What the exercise asks: Restate each of the lines given below, word for word.

Data for the task: Begin

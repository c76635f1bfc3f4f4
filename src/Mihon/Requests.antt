-- ===== src/Mihon/Requests.antt =====
-- How many requests the fetch flow of rust/mihon/src/repo.rs makes.
use dion_runtime.Base.{
  ℕ, zero, suc, ◌≡◌, refl, arith, ◌+◌, ◌-◌, ◌*◌, ◌≤◌, List, Option, none, some, Text, inl, inr, leb,
  Bool-cases, Result, ok, err, Option-cases, Result-cases, codes, ◌++◌, false,
}
use dion_runtime.Base.Action.{Action, continue, lift, pure}
use dion_runtime.Mihon.Types.{Floats, RepoExtension, RepoIndex, RepoStore, LegacyRepoJson}
use dion_runtime.Mihon.Urls.{repo_base_url}
use dion_runtime.Mihon.Fetch.{
  Web, Decoders, RepoError, StoreResolution, store, legacy, legacy_store, pointed_at, resolved,
  max_store_redirects, get_bytes, repo_json_of, resolve_pointed, resolve_legacy_store, fetch_turn,
  fetch_store_inner, fetch_store, fetch_list, fetch_extensions, fetch_repo, parse_store_payload,
}

-- The network, and how many requests were made.
abbrev pub counted : Web → Web
counted w = record {
  Net = ℕ × w.Net;
  get = λ url n. let answer = w.get url n.1 in (answer.0, (n.0 + 1, answer.1));
}

module _ (w : Web) (d : Decoders) where
  abbrev Counted : Type 0
  Counted = ℕ × w.Net

  get_bytes-count : (url : Text) (n : Counted) → (get_bytes (counted w) d url n).1.0 ≡ n.0 + 1
  unfolding get_bytes
  get_bytes-count url n = refl

  repo_json_of-count :
      (url : Text) (r : Option LegacyRepoJson) (n : Counted)
      → (repo_json_of (counted w) d url r n).1.0 ≤ n.0 + 1
  unfolding repo_json_of
  repo_json_of-count url (some r) n = omega arith
  repo_json_of-count url none n =
      omega (arith, get_bytes-count (repo_base_url url ++ codes "/repo.json") n)

  -- Two steps take at most the requests of both.
  continue-count :
      {A B : Type 0} (r : Result RepoError A × Counted) (f : A → Action Counted RepoError B)
      (m b : ℕ)
      → r.1.0 ≤ m
      → ((a : A) (n : Counted) → (f a n).1.0 ≤ n.0 + b)
      → (continue r f).1.0 ≤ m + b
  continue-count (ok a, n) f m b h k = omega (arith, k a n)
  continue-count (err e, n) f m b h k = omega arith

  module _ (fetch_v2 : Text → Action Counted RepoError RepoStore) (b : ℕ)
      (bounded : (v2 : Text) (n : Counted) → (fetch_v2 v2 n).1.0 ≤ n.0 + b) where
    resolve_pointed-count :
        (old : RepoStore) (o : Option Text) (n : Counted)
        → (resolve_pointed (counted w) d fetch_v2 old o n).1.0 ≤ n.0 + b
    unfolding resolve_pointed
    resolve_pointed-count old none n = omega arith
    resolve_pointed-count old (some v2) n = elim (Result-cases (fetch_v2 v2 n).0) [
      | inl (s, e) ↦ rw e (bounded v2 n)
      | inr (c, e) ↦ rw e (bounded v2 n)
    ]

    resolve_legacy-count :
        (url : Text) (r : Option LegacyRepoJson) (n : Counted)
        → (resolve_legacy_store (counted w) d fetch_v2 url r n).1.0 ≤ n.0 + 1 + b
    unfolding resolve_legacy_store
    resolve_legacy-count url r n =
        let known = repo_json_of (counted w) d url r n in
        omega (
          arith,
          repo_json_of-count url r n,
          resolve_pointed-count (legacy_store url known.0) (pointed_at known.0) known.1,
        )

    resolved-count :
        (url : Text) (r : StoreResolution) (n : Counted)
        → (resolved (counted w) d fetch_v2 url r n).1.0 ≤ n.0 + 1 + b
    resolved-count url (store s) n = omega arith
    resolved-count url (legacy r) n = resolve_legacy-count url r n

    after_parse :
        (url : Text) (r : Result RepoError StoreResolution) (n : Counted)
        → (continue (lift r n) (λ s. resolved (counted w) d fetch_v2 url s)).1.0 ≤ n.0 + (1 + b)
    after_parse url (ok r) n = omega (arith, resolved-count url r n)
    after_parse url (err e) n = omega arith

    fetch_turn-count :
        (url : Text) (depth : ℕ) (n : Counted)
        → leb max_store_redirects depth ≡ false
        → (fetch_turn (counted w) d fetch_v2 url depth n).1.0 ≤ n.0 + 1 + (1 + b)
    unfolding fetch_turn
    fetch_turn-count url depth n shallow = rw shallow (
        continue-count (get_bytes (counted w) d url n)
          (λ body. λ m.
            continue (lift (parse_store_payload d url body) m)
              (λ r. resolved (counted w) d fetch_v2 url r))
          (n.0 + 1) (1 + b) (omega (arith, get_bytes-count url n))
          (λ body m. after_parse url (parse_store_payload d url body) m))

  -- What is left of the redirects bounds the requests.
  fetch_store_inner-count :
      (fuel : ℕ) (url : Text) (depth : ℕ) (n : Counted)
      → (fetch_store_inner (counted w) d fuel url depth n).1.0
        ≤ n.0 + 2 * (max_store_redirects - depth)
  unfolding fetch_store_inner fetch_turn
  fetch_store_inner-count zero url depth n = omega arith
  fetch_store_inner-count (suc fuel) url depth n =
      elim (Bool-cases (leb max_store_redirects depth)) [
        | inl deep ↦ rw deep (omega arith)
        | inr shallow ↦
            let step =
              fetch_turn-count (λ (v2 : Text). fetch_store_inner (counted w) d fuel v2 (depth + 1))
                (2 * (max_store_redirects - (depth + 1)))
                (λ v2 m. fetch_store_inner-count fuel v2 (depth + 1) m) url depth n shallow in
            ground (arith, step)
      ]

  module _ (f : Floats) where
    fetch_list-count :
        (url : Text) (parse : Text → Result RepoError (List (RepoExtension f))) (n : Counted)
        → (fetch_list (counted w) d f url parse n).1.0 ≤ n.0 + 1
    fetch_list-count url parse n = elim (Result-cases (get_bytes (counted w) d url n).0) [
      | inl (body, e) ↦ rw e (omega (arith, get_bytes-count url n))
      | inr (c, e) ↦ rw e (omega (arith, get_bytes-count url n))
    ]

    fetch_extensions-count :
        (s : RepoStore) (n : Counted) → (fetch_extensions (counted w) d f s n).1.0 ≤ n.0 + 1
    unfolding fetch_extensions
    fetch_extensions-count s n = elim (Bool-cases s.is_legacy) [
      | inl old ↦ rw old (fetch_list-count _ _ n)
      | inr new ↦ elim (Option-cases s.extension_list_url) [
        | inl own ↦ rw (new, own) (fetch_list-count _ _ n)
        | inr (list_url, apart) ↦ rw (new, apart) (fetch_list-count _ _ n)
      ]
    ]

    -- Whatever the servers answer, resolving a repository makes at most 21 requests.
    pub fetch_repo-count :
        (url : Text) (net : w.Net) → (fetch_repo (counted w) d f url (0, net)).1.0 ≤ 21
    unfolding fetch_repo fetch_store
    fetch_repo-count url net =
        continue-count (fetch_store (counted w) d url (0, net))
          (λ s. λ n.
            continue (fetch_extensions (counted w) d f s n)
              (λ extensions. pure (record { store = s; extensions = extensions })))
          20 1 (fetch_store_inner-count 11 url 0 (0, net))
          λ s n. omega (
            arith,
            continue-count {B = RepoIndex f} (fetch_extensions (counted w) d f s n)
                (λ extensions. pure (record { store = s; extensions = extensions })) (n.0 + 1) 0
                (fetch_extensions-count s n) (λ a m. omega arith),
          )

Data for the task: End

Result below:
repository c76635f1bfc3f4f4
filename src/Mihon/Requests.antt
-- ===== src/Mihon/Requests.antt =====
-- How many requests the fetch flow of rust/mihon/src/repo.rs makes.
use dion_runtime.Base.{
  ℕ, zero, suc, ◌≡◌, refl, arith, ◌+◌, ◌-◌, ◌*◌, ◌≤◌, List, Option, none, some, Text, inl, inr, leb,
  Bool-cases, Result, ok, err, Option-cases, Result-cases, codes, ◌++◌, false,
}
use dion_runtime.Base.Action.{Action, continue, lift, pure}
use dion_runtime.Mihon.Types.{Floats, RepoExtension, RepoIndex, RepoStore, LegacyRepoJson}
use dion_runtime.Mihon.Urls.{repo_base_url}
use dion_runtime.Mihon.Fetch.{
  Web, Decoders, RepoError, StoreResolution, store, legacy, legacy_store, pointed_at, resolved,
  max_store_redirects, get_bytes, repo_json_of, resolve_pointed, resolve_legacy_store, fetch_turn,
  fetch_store_inner, fetch_store, fetch_list, fetch_extensions, fetch_repo, parse_store_payload,
}

-- The network, and how many requests were made.
abbrev pub counted : Web → Web
counted w = record {
  Net = ℕ × w.Net;
  get = λ url n. let answer = w.get url n.1 in (answer.0, (n.0 + 1, answer.1));
}

module _ (w : Web) (d : Decoders) where
  abbrev Counted : Type 0
  Counted = ℕ × w.Net

  get_bytes-count : (url : Text) (n : Counted) → (get_bytes (counted w) d url n).1.0 ≡ n.0 + 1
  unfolding get_bytes
  get_bytes-count url n = refl

  repo_json_of-count :
      (url : Text) (r : Option LegacyRepoJson) (n : Counted)
      → (repo_json_of (counted w) d url r n).1.0 ≤ n.0 + 1
  unfolding repo_json_of
  repo_json_of-count url (some r) n = omega arith
  repo_json_of-count url none n =
      omega (arith, get_bytes-count (repo_base_url url ++ codes "/repo.json") n)

  -- Two steps take at most the requests of both.
  continue-count :
      {A B : Type 0} (r : Result RepoError A × Counted) (f : A → Action Counted RepoError B)
      (m b : ℕ)
      → r.1.0 ≤ m
      → ((a : A) (n : Counted) → (f a n).1.0 ≤ n.0 + b)
      → (continue r f).1.0 ≤ m + b
  continue-count (ok a, n) f m b h k = omega (arith, k a n)
  continue-count (err e, n) f m b h k = omega arith

  module _ (fetch_v2 : Text → Action Counted RepoError RepoStore) (b : ℕ)
      (bounded : (v2 : Text) (n : Counted) → (fetch_v2 v2 n).1.0 ≤ n.0 + b) where
    resolve_pointed-count :
        (old : RepoStore) (o : Option Text) (n : Counted)
        → (resolve_pointed (counted w) d fetch_v2 old o n).1.0 ≤ n.0 + b
    unfolding resolve_pointed
    resolve_pointed-count old none n = omega arith
    resolve_pointed-count old (some v2) n = elim (Result-cases (fetch_v2 v2 n).0) [
      | inl (s, e) ↦ rw e (bounded v2 n)
      | inr (c, e) ↦ rw e (bounded v2 n)
    ]

    resolve_legacy-count :
        (url : Text) (r : Option LegacyRepoJson) (n : Counted)
        → (resolve_legacy_store (counted w) d fetch_v2 url r n).1.0 ≤ n.0 + 1 + b
    unfolding resolve_legacy_store
    resolve_legacy-count url r n =
        let known = repo_json_of (counted w) d url r n in
        omega (
          arith,
          repo_json_of-count url r n,
          resolve_pointed-count (legacy_store url known.0) (pointed_at known.0) known.1,
        )

    resolved-count :
        (url : Text) (r : StoreResolution) (n : Counted)
        → (resolved (counted w) d fetch_v2 url r n).1.0 ≤ n.0 + 1 + b
    resolved-count url (store s) n = omega arith
    resolved-count url (legacy r) n = resolve_legacy-count url r n

    after_parse :
        (url : Text) (r : Result RepoError StoreResolution) (n : Counted)
        → (continue (lift r n) (λ s. resolved (counted w) d fetch_v2 url s)).1.0 ≤ n.0 + (1 + b)
    after_parse url (ok r) n = omega (arith, resolved-count url r n)
    after_parse url (err e) n = omega arith

    fetch_turn-count :
        (url : Text) (depth : ℕ) (n : Counted)
        → leb max_store_redirects depth ≡ false
        → (fetch_turn (counted w) d fetch_v2 url depth n).1.0 ≤ n.0 + 1 + (1 + b)
    unfolding fetch_turn
    fetch_turn-count url depth n shallow = rw shallow (
        continue-count (get_bytes (counted w) d url n)
          (λ body. λ m.
            continue (lift (parse_store_payload d url body) m)
              (λ r. resolved (counted w) d fetch_v2 url r))
          (n.0 + 1) (1 + b) (omega (arith, get_bytes-count url n))
          (λ body m. after_parse url (parse_store_payload d url body) m))

  -- What is left of the redirects bounds the requests.
  fetch_store_inner-count :
      (fuel : ℕ) (url : Text) (depth : ℕ) (n : Counted)
      → (fetch_store_inner (counted w) d fuel url depth n).1.0
        ≤ n.0 + 2 * (max_store_redirects - depth)
  unfolding fetch_store_inner fetch_turn
  fetch_store_inner-count zero url depth n = omega arith
  fetch_store_inner-count (suc fuel) url depth n =
      elim (Bool-cases (leb max_store_redirects depth)) [
        | inl deep ↦ rw deep (omega arith)
        | inr shallow ↦
            let step =
              fetch_turn-count (λ (v2 : Text). fetch_store_inner (counted w) d fuel v2 (depth + 1))
                (2 * (max_store_redirects - (depth + 1)))
                (λ v2 m. fetch_store_inner-count fuel v2 (depth + 1) m) url depth n shallow in
            ground (arith, step)
      ]

  module _ (f : Floats) where
    fetch_list-count :
        (url : Text) (parse : Text → Result RepoError (List (RepoExtension f))) (n : Counted)
        → (fetch_list (counted w) d f url parse n).1.0 ≤ n.0 + 1
    fetch_list-count url parse n = elim (Result-cases (get_bytes (counted w) d url n).0) [
      | inl (body, e) ↦ rw e (omega (arith, get_bytes-count url n))
      | inr (c, e) ↦ rw e (omega (arith, get_bytes-count url n))
    ]

    fetch_extensions-count :
        (s : RepoStore) (n : Counted) → (fetch_extensions (counted w) d f s n).1.0 ≤ n.0 + 1
    unfolding fetch_extensions
    fetch_extensions-count s n = elim (Bool-cases s.is_legacy) [
      | inl old ↦ rw old (fetch_list-count _ _ n)
      | inr new ↦ elim (Option-cases s.extension_list_url) [
        | inl own ↦ rw (new, own) (fetch_list-count _ _ n)
        | inr (list_url, apart) ↦ rw (new, apart) (fetch_list-count _ _ n)
      ]
    ]

    -- Whatever the servers answer, resolving a repository makes at most 21 requests.
    pub fetch_repo-count :
        (url : Text) (net : w.Net) → (fetch_repo (counted w) d f url (0, net)).1.0 ≤ 21
    unfolding fetch_repo fetch_store
    fetch_repo-count url net =
        continue-count (fetch_store (counted w) d url (0, net))
          (λ s. λ n.
            continue (fetch_extensions (counted w) d f s n)
              (λ extensions. pure (record { store = s; extensions = extensions })))
          20 1 (fetch_store_inner-count 11 url 0 (0, net))
          λ s n. omega (
            arith,
            continue-count {B = RepoIndex f} (fetch_extensions (counted w) d f s n)
                (λ extensions. pure (record { store = s; extensions = extensions })) (n.0 + 1) 0
                (fetch_extensions-count s n) (λ a m. omega arith),
          )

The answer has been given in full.